— Goal of the exercise —
Copy verbatim the block of lines in the entries below whose first line contains "any_other u (w ∷ ws) (v" and whose last line contains "others_apart u seen ws". Leave out all other lines.

============

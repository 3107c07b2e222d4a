-- ===== src/Receipt/Answers.antt =====
-- What an attestation collects of witnesses that are able or silent.
use khipu_consensus.Prelude.{
  ◌≡◌, refl, sym, ap, ◌∙◌, Bool, true, false, ◌&&◌, ◌||◌, Option, none, some, List, [], ◌∷◌, ◌++◌,
  append_assoc, arith, ◌⊎◌, inl, inr, Bool-cases, All, any, count, map, Text, Bytes, text,
}
use khipu_consensus.Prelude.Texts.{text_eq}
use khipu_consensus.Python.Value.{
  Value, str, obj, Fields, find, eq, is_str, truthy, or_else, eq-str_refl, eq-is_str_sym,
  eq-is_str_refl, hashable-is_str,
}
use khipu_consensus.Python.Dict.{lookup, member, dict_of}
use khipu_consensus.Python.Error.{ok}
use khipu_consensus.Python.Host.{Host}
use khipu_consensus.Verdict.{
  Moment, OrganCheck, canonical_json, statement, wire_row, sign_verdict, from_dict, verify_verdict,
}
use khipu_consensus.Verdict.Signing.{ReadsBack, IsKeyPair, verify-sign_verdict}
use khipu_consensus.Verdict.Total.{IsSigner, sign_verdict-IsSigner}
use khipu_consensus.Tally.{Item}
use khipu_consensus.Tally.Rows.{HasHash}
use khipu_consensus.Tally.Count.{vouches, vouched}
use khipu_consensus.Registry.{Witness, can_sign, sign}
use khipu_consensus.Registry.Fleet.{AreApart, AreApart-fewer}
use khipu_consensus.Policy.{named}
use khipu_consensus.Receipt.{collect, item_of}

-- `verdicts.get(w.organ, "allow")`: what a witness is asked to say
abbrev pub asked : Fields → Witness → Value
asked verdicts w = or_else (lookup w.organ (dict_of verdicts)) (str (text "allow"))

-- A witness that is asked to say a text and whose signature verifies under its published key.
pub record IsAble (H : Host) (a : Text) (verdicts : Fields) (reason lean_sha : Value)
    (moments : Value → Moment) (w : Witness) : Type 0 where
  pub o : Text
  pub x : Text
  pub organ : w.organ ≡ str o
  pub says : asked verdicts w ≡ str x
  pub named : truthy (str o) ≡ true
  pub pair : IsKeyPair H w.private_key_pem w.public_key_pem
  pub signer : IsSigner H w.private_key_pem
  pub back :
      ReadsBack H (statement H (str o) (str a) (str x) reason lean_sha (str (moments (str o)).now))
  pub body : Bytes
  pub writes :
      canonical_json H
        (obj (statement H (str o) (str a) (str x) reason lean_sha (str (moments (str o)).now)))
      ≡ ok body

-- a witness that can sign and is asked to allow
abbrev pub willing : Fields → Witness → Bool
willing verdicts w = can_sign w && eq (asked verdicts w) (str (text "allow"))

module _ (H : Host) (a : Text) (verdicts : Fields) (reason lean_sha : Value)
    (moments : Value → Moment) where
  -- A witness has no key, or is able.
  abbrev pub IsCorrect : Witness → Type 0
  IsCorrect w = (can_sign w ≡ false) ⊎ IsAble H a verdicts reason lean_sha moments w

  -- What is collected of a witness: its own verdict, which counts under its key exactly if the
  -- witness is willing, or nothing of a witness that is not.
  abbrev pub Answers : Witness → Option Fields → Type 0
  Answers w none = willing verdicts w ≡ false
  Answers w (some d) =
      ((from_dict d).organ ≡ w.organ)
      × (is_str w.organ ≡ true)
      × ((verify_verdict H (from_dict d) w.public_key_pem (str a)).counts ≡ willing verdicts w)

  -- the verdict of an able witness
  able_verdict :
      (o x : Text) (private_pem public_pem : Value) (m : Moment) (body : Bytes)
      → truthy (str o) ≡ true
      → IsKeyPair H private_pem public_pem
      → IsSigner H private_pem
      → ReadsBack H (statement H (str o) (str a) (str x) reason lean_sha (str m.now))
      → canonical_json H (obj (statement H (str o) (str a) (str x) reason lean_sha (str m.now)))
        ≡ ok body
      → (d : Fields) × (sign_verdict H
            (str o)
            (str a)
            (str x)
            private_pem
            reason
            lean_sha
            (str (text ""))
            m
          ≡ ok d)
        × ((from_dict d).organ ≡ str o)
        × ((verify_verdict H (from_dict d) public_pem (str a)).counts
            ≡ eq (str x) (str (text "allow")))
  unfolding from_dict wire_row find text_eq
  able_verdict o x private_pem public_pem m body named pair signer back writes =
      let (sig, made) =
        sign_verdict-IsSigner H (str o) (str a) (str x) private_pem reason lean_sha (str (text ""))
          m body writes signer in
      let d = wire_row H (str o) (str x) reason body sig in
      let checked =
        verify-sign_verdict H o a x private_pem public_pem reason lean_sha (str (text "")) m d
          (str a) named pair back made in
      (d, made, refl, ap (λ (c : OrganCheck). c.counts) checked ∙ rw (eq-str_refl a) refl)

  answer :
      (w : Witness)
      → IsCorrect w
      → (v : Option Fields) × (sign H w
            (str a)
            (asked verdicts w)
            reason
            lean_sha
            (str (text ""))
            (moments w.organ)
          ≡ ok v)
        × Answers w v
  unfolding sign
  answer w (inl silent) = (none, rw silent refl, rw silent refl)
  answer w (inr able) = elim (Bool-cases (can_sign w)) [
    | inr silent ↦ (none, rw silent refl, rw silent refl)
    | inl signs ↦
        let (d, made, own, counts) =
          able_verdict able.o able.x w.private_key_pem w.public_key_pem (moments (str able.o))
            able.body able.named able.pair able.signer able.back able.writes in
        let will : willing verdicts w ≡ eq (str able.x) (str (text "allow")) =
          rw (signs, able.says) refl in
        let is_text : is_str w.organ ≡ true = rw able.organ refl in
        (
          some d,
          rw (signs, able.says, able.organ, made) refl,
          (own ∙ sym able.organ, is_text, counts ∙ sym will),
        )
  ]

  -- A witness for each item, in order.
  abbrev pub All2 : List Witness → List (Option Fields) → Type 0
  All2 [] [] = Unit {0}
  All2 [] (v ∷ vs) = ⊥
  All2 (w ∷ ws) [] = ⊥
  All2 (w ∷ ws) (v ∷ vs) = Answers w v × All2 ws vs

  pub collect_total :
      (ws : List Witness)
      → All IsCorrect ws
      → (vs : List (Option Fields)) × (collect H (str a) verdicts reason lean_sha moments ws
          ≡ ok vs)
        × All2 ws vs
  unfolding collect
  collect_total [] h = ([], refl, tt)
  collect_total (w ∷ ws) (c, h) =
      let (v, signed, says) = answer w c in
      let (vs, rest, all_say) = collect_total ws h in
      (v ∷ vs, rw (signed, rest) refl, (says, all_say))

  Answers-HasHash : (w : Witness) (v : Option Fields) → Answers w v → HasHash (item_of v)
  Answers-HasHash w none h = tt
  Answers-HasHash w (some d) (own, is_text, counts) = rw own (hashable-is_str w.organ is_text)

  pub All2-HasHash :
      (ws : List Witness) (vs : List (Option Fields)) → All2 ws vs → All HasHash (map item_of vs)
  All2-HasHash [] [] h = tt
  All2-HasHash [] (v ∷ vs) h = absurd h
  All2-HasHash (w ∷ ws) [] h = absurd h
  All2-HasHash (w ∷ ws) (v ∷ vs) (c, h) = (Answers-HasHash w v c, All2-HasHash ws vs h)

  abbrev pub entry : Witness → Value × Value
  entry w = (w.organ, w.public_key_pem)

  abbrev pub speaks_for : Witness → Item → Bool
  speaks_for w = vouches H (str a) (entry w)

  -- The item of a witness vouches for that witness exactly if it is willing, and for no other.
  vouches_own :
      (w : Witness) (v : Option Fields)
      → Answers w v
      → speaks_for w (item_of v) ≡ willing verdicts w
  vouches_own w none h = sym h
  vouches_own w (some d) (own, is_text, counts) =
      let mine : eq (from_dict d).organ w.organ ≡ true = rw own (eq-is_str_refl w.organ is_text) in
      rw mine counts

  vouches_other :
      (u w : Witness) (v : Option Fields)
      → Answers w v
      → eq w.organ u.organ ≡ false
      → speaks_for u (item_of v) ≡ false
  vouches_other u w none h apart = refl
  vouches_other u w (some d) (own, is_text, counts) apart =
      let theirs : eq (from_dict d).organ u.organ ≡ false = rw own apart in rw theirs refl

  -- No witness of a list that is apart from a name speaks for the bearer of that name.
  any_other :
      (u : Witness) (ws : List Witness) (vs : List (Option Fields))
      → All2 ws vs
      → All (λ w. eq w.organ u.organ ≡ false) ws
      → any (speaks_for u) (map item_of vs) ≡ false
  any_other u [] [] h apart = refl
  any_other u [] (v ∷ vs) h apart = absurd h
  any_other u (w ∷ ws) [] h apart = absurd h
  any_other u (w ∷ ws) (v ∷ vs) (c, h) (new, apart) =
      rw (vouches_other u w v c new) (any_other u ws vs h apart)

  any-append : (p : Item → Bool) (xs ys : List Item) → any p (xs ++ ys) ≡ (any p xs || any p ys)
  any-append p [] ys = refl
  any-append p (x ∷ xs) ys = ground (arith, any-append p xs ys)

  -- The keys of a registry whose witnesses are apart and have keys that are not blank.
  abbrev pub HaveKeys : List Witness → Type 0
  HaveKeys = All (λ w. truthy w.public_key_pem ≡ true)

  abbrev pub AreTexts : List Witness → Type 0
  AreTexts = All (λ w. is_str w.organ ≡ true)

  others_apart :
      (u : Witness) (seen : List Value) (ws : List Witness)
      → is_str u.organ ≡ true
      → AreTexts ws
      → AreApart (u.organ ∷ seen) ws
      → All (λ w. eq w.organ u.organ ≡ false) ws
  unfolding member
  others_apart u seen [] t ts h = tt
  others_apart u seen (w ∷ ws) t (tw, ts) (new, h) = (
    ground (arith, new, eq-is_str_sym u.organ w.organ tw),
    others_apart u seen ws t ts (
        AreApart-fewer (u.organ ∷ seen) (w.organ ∷ u.organ ∷ seen) ws (λ v g. ground (arith, g)) h),
  )

  still_away :
      (w : Witness) (v : Option Fields) (ws : List Witness) (pre : List Item) (seen : List Value)
      → Answers w v
      → AreApart (w.organ ∷ seen) ws
      → All (λ u. any (speaks_for u) pre ≡ false) ws
      → All (λ u. any (speaks_for u) (pre ++ item_of v ∷ []) ≡ false) ws
  unfolding member
  still_away w v [] pre seen c apart away = tt
  still_away w v (u ∷ ws) pre seen c (new, apart) (none_before, away) = (
    ground (
      arith,
      any-append (speaks_for u) pre (item_of v ∷ []),
      none_before,
      vouches_other u w v c (ground (arith, new)),
    ),
    still_away w v ws pre seen c
        (AreApart-fewer (w.organ ∷ seen) (u.organ ∷ w.organ ∷ seen) ws (λ v g. ground (arith, g))
          apart)
        away,
  )

  pub count_willing :
      (ws : List Witness) (vs : List (Option Fields)) (pre : List Item) (seen : List Value)
      → All2 ws vs
      → HaveKeys ws
      → AreTexts ws
      → AreApart seen ws
      → All (λ w. any (speaks_for w) pre ≡ false) ws
      → count (vouched H (str a) (pre ++ map item_of vs)) (map entry ws)
        ≡ count (willing verdicts) ws
  count_willing [] [] pre seen h k ts apart away = refl
  count_willing [] (v ∷ vs) pre seen h k ts apart away = absurd h
  count_willing (w ∷ ws) [] pre seen h k ts apart away = absurd h
  count_willing (w ∷ ws) (v ∷ vs) pre seen (c, h) (kw, k) (tw, ts) (new, apart)
        (none_before, away) =
      let others = others_apart w seen ws tw ts apart in
      let all_items : pre ++ map item_of (v ∷ vs) ≡ (pre ++ item_of v ∷ []) ++ map item_of vs =
        sym (append_assoc pre (item_of v ∷ []) (map item_of vs)) in
      let own : vouched H (str a) (pre ++ map item_of (v ∷ vs)) (entry w) ≡ willing verdicts w =
        ground (
          arith,
          kw,
          any-append (speaks_for w) pre (map item_of (v ∷ vs)),
          none_before,
          vouches_own w v c,
          any_other w ws vs h others,
        ) in
      let later =
        count_willing ws vs (pre ++ item_of v ∷ []) (w.organ ∷ seen) h k ts apart
          (still_away w v ws pre seen c apart away) in
      ground (arith, own, all_items, later)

============

— Result for this exercise —
  any_other u (w ∷ ws) (v ∷ vs) (c, h) (new, apart) =
      rw (vouches_other u w v c new) (any_other u ws vs h apart)

  any-append : (p : Item → Bool) (xs ys : List Item) → any p (xs ++ ys) ≡ (any p xs || any p ys)
  any-append p [] ys = refl
  any-append p (x ∷ xs) ys = ground (arith, any-append p xs ys)

  -- The keys of a registry whose witnesses are apart and have keys that are not blank.
  abbrev pub HaveKeys : List Witness → Type 0
  HaveKeys = All (λ w. truthy w.public_key_pem ≡ true)

  abbrev pub AreTexts : List Witness → Type 0
  AreTexts = All (λ w. is_str w.organ ≡ true)

  others_apart :
      (u : Witness) (seen : List Value) (ws : List Witness)
      → is_str u.organ ≡ true
      → AreTexts ws
      → AreApart (u.organ ∷ seen) ws
      → All (λ w. eq w.organ u.organ ≡ false) ws
  unfolding member
  others_apart u seen [] t ts h = tt
  others_apart u seen (w ∷ ws) t (tw, ts) (new, h) = (
    ground (arith, new, eq-is_str_sym u.organ w.organ tw),
    others_apart u seen ws t ts (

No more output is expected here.